Symptom: cross-tenant leakage¶
Cause: shared traces/headers or unsafe logging/artifacts.
Fix:
- enforce tenant boundary at ingress and in tool config,
- redact logs and avoid persisting raw tool payloads.
Observability (what to log + what to measure)¶
Minimum production observability¶
- Structured logs (JSON) for
penguiflowloggers. - Runtime
FlowEventcapture via middleware. - Derived metrics for:
node_success/node_error/node_timeoutcounters,- node latency histogram (ms),
- queue depth gauges (incoming/outgoing/total),
- cancellation and deadline skip counters.
See:
Security / multi-tenancy notes¶
- Do not tag metrics with
trace_id(cardinality explosion). Use logs/events for trace-level debugging. - Treat tool outputs as untrusted; never log raw payloads by default.
- Keep secrets out of
Message.metaand out of persisted events unless you intentionally secure that store.
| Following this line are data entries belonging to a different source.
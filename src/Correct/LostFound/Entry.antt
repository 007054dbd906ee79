-- ===== src/Correct/LostFound/Entry.antt =====
-- The entry that `write_new_entry` puts into a block is read back.
use mathlib.Core.Path.{subst}
use native.Mathlib.Nat.{mod-eq_of_lt}
use my_fsck.Base.{
  ℕ, suc, ◌+◌, ◌^◌, ◌<◌, ◌≡◌, ◌≢◌, arith, List, some, length, u8, u16, sub32, ap, ◌∙◌, inl,
}
use my_fsck.Machine.Memory.{Bytes, set_byte, set_byte_self, set_byte_ne, strncpy, c_string}
use my_fsck.Machine.State.{DirEntry}
use my_fsck.Util.{parse_bytes_to_decimal_u, write_number_into_block}
use my_fsck.Util.Number.{parse-same, parse-write_number, write_number_outside}
use my_fsck.Dir.{read_dir_entry_in_block}
use my_fsck.Dir.Codec.{IsName, c_string-strncpy, strncpy_below, read_dir_entry-fields}
use my_fsck.Correct.LostFound.{put_entry}

-- What an entry can hold: an inode number that is not 0, and a name of the given length.
pub record IsEntry (e : DirEntry) : Type 0 where
  pub used : e.inode ≢ 0
  pub inode_fits : e.inode < 2 ^ 32
  pub type_fits : e.file_type < 256
  pub name_fits : e.name_len < 256
  pub length_name : length e.name ≡ e.name_len
  pub name : IsName e.name

one_byte : (m : Bytes) (o : ℕ) → u8 (parse_bytes_to_decimal_u m o 1) ≡ u8 (m o)
unfolding parse_bytes_to_decimal_u
one_byte m o = omega (arith, ap m {x = o + 0} {y = o} (omega arith))

copied :
    (m : Bytes) (start : ℕ) (name : List ℕ) (n : ℕ)
    → length name ≡ n
    → IsName name
    → c_string (strncpy m start name (n + 1)) start n ≡ name
copied m start name n e h =
    ap (λ (k : ℕ). c_string (strncpy m start name k) start n) {x = n + 1} {y = suc n} (omega arith)
    ∙ subst (λ (k : ℕ). c_string (strncpy m start name (suc k)) start k ≡ name) e
        (c_string-strncpy m start name h)

module _ (bs o : ℕ) (e : DirEntry) (block : Bytes) where
  abbrev rec_len : ℕ
  rec_len = u16 (sub32 bs o)

  abbrev with_inode : Bytes
  with_inode = write_number_into_block block o e.inode 4

  abbrev with_len : Bytes
  with_len = write_number_into_block with_inode (o + 4) rec_len 2

  abbrev with_name_len : Bytes
  with_name_len = set_byte with_len (o + 6) e.name_len

  abbrev with_type : Bytes
  with_type = set_byte with_name_len (o + 7) e.file_type

  abbrev new_block : Bytes
  new_block = put_entry bs e block o

  new_block_below : (i : ℕ) → i < o + 8 → new_block i ≡ with_type i
  unfolding put_entry
  new_block_below i lt = strncpy_below with_type (o + 8) e.name (e.name_len + 1) i lt

  new_block_front : (i : ℕ) → i < o + 6 → new_block i ≡ with_len i
  new_block_front i lt =
      new_block_below i (omega arith)
      ∙ set_byte_ne with_name_len (o + 7) e.file_type i (omega arith)
      ∙ set_byte_ne with_len (o + 6) e.name_len i (omega arith)

  pub read_dir_entry-put_entry :
      IsEntry e → read_dir_entry_in_block new_block o ≡ some (record e { rec_len = rec_len })
  read_dir_entry-put_entry h =
      read_dir_entry-fields new_block o e.inode rec_len e.name_len e.file_type e.name inode h.used
        len name_len type name
    where
      inode : parse_bytes_to_decimal_u new_block o 4 ≡ e.inode
      inode =
          parse-same new_block with_inode o 4 (λ i p q.
            new_block_front i (omega arith)
            ∙ write_number_outside with_inode (o + 4) rec_len 2 i (inl (omega arith)))
          ∙ (parse-write_number block o e.inode 4 (omega arith)).0
          ∙ mod-eq_of_lt h.inode_fits

      len : u16 (parse_bytes_to_decimal_u new_block (o + 4) 2) ≡ rec_len
      len =
          ap u16 (
            parse-same new_block with_len (o + 4) 2 (λ i p q. new_block_front i (omega arith))
            ∙ (parse-write_number with_inode (o + 4) rec_len 2 (omega arith)).0)
          ∙ omega arith

      name_len : u8 (parse_bytes_to_decimal_u new_block (o + 6) 1) ≡ e.name_len
      name_len =
          one_byte new_block (o + 6)
          ∙ ap u8 (
              new_block_below (o + 6) (omega arith)
              ∙ set_byte_ne with_name_len (o + 7) e.file_type (o + 6) (omega arith)
              ∙ set_byte_self with_len (o + 6) e.name_len)
          ∙ mod-eq_of_lt h.name_fits

      type : u8 (parse_bytes_to_decimal_u new_block (o + 7) 1) ≡ e.file_type
      type =
          one_byte new_block (o + 7)
          ∙ ap u8 (
              new_block_below (o + 7) (omega arith)
              ∙ set_byte_self with_name_len (o + 7) e.file_type)
          ∙ mod-eq_of_lt h.type_fits

      name : c_string new_block (o + 8) e.name_len ≡ e.name
      name = unfold put_entry in copied with_type (o + 8) e.name e.name_len h.length_name h.name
Runnable example: “golden” service skeleton¶
This skeleton shows the lifecycle hooks you want in a long-lived process:
from __future__ import annotations
import asyncio
import logging
from penguiflow import (
Headers,
Message,
Node,
NodePolicy,
configure_logging,
create,
log_flow_events,
)
async def handler(msg: Message, _ctx) -> Message:
# Replace with your real work.
return msg
async def main() -> None:
configure_logging(structured=True)
logger = logging.getLogger("penguiflow.flow")
node = Node(handler, name="handler", policy=NodePolicy(timeout_s=10, max_retries=1))
flow = create(node.to(), middlewares=[log_flow_events(logger)])
flow.run()
message = Message(payload={"ping": True}, headers=Headers(tenant="demo"))
await flow.emit(message, trace_id=message.trace_id)
_ = await flow.fetch(trace_id=message.trace_id)
await flow.stop()
if __name__ == "__main__":
asyncio.run(main())
Troubleshooting checklist¶
- No results: confirm an egress node exists and routes to Rookery; use
fetch(trace_id=...)with envelopes. - Timeouts spike: check downstream latency and queue depths; reduce retries before scaling out.
- Retry storms: lower
max_retries, cap backoff, and enforce idempotency on side effects. - Leaky logs: switch to structured logs and redact; avoid logging payloads by default.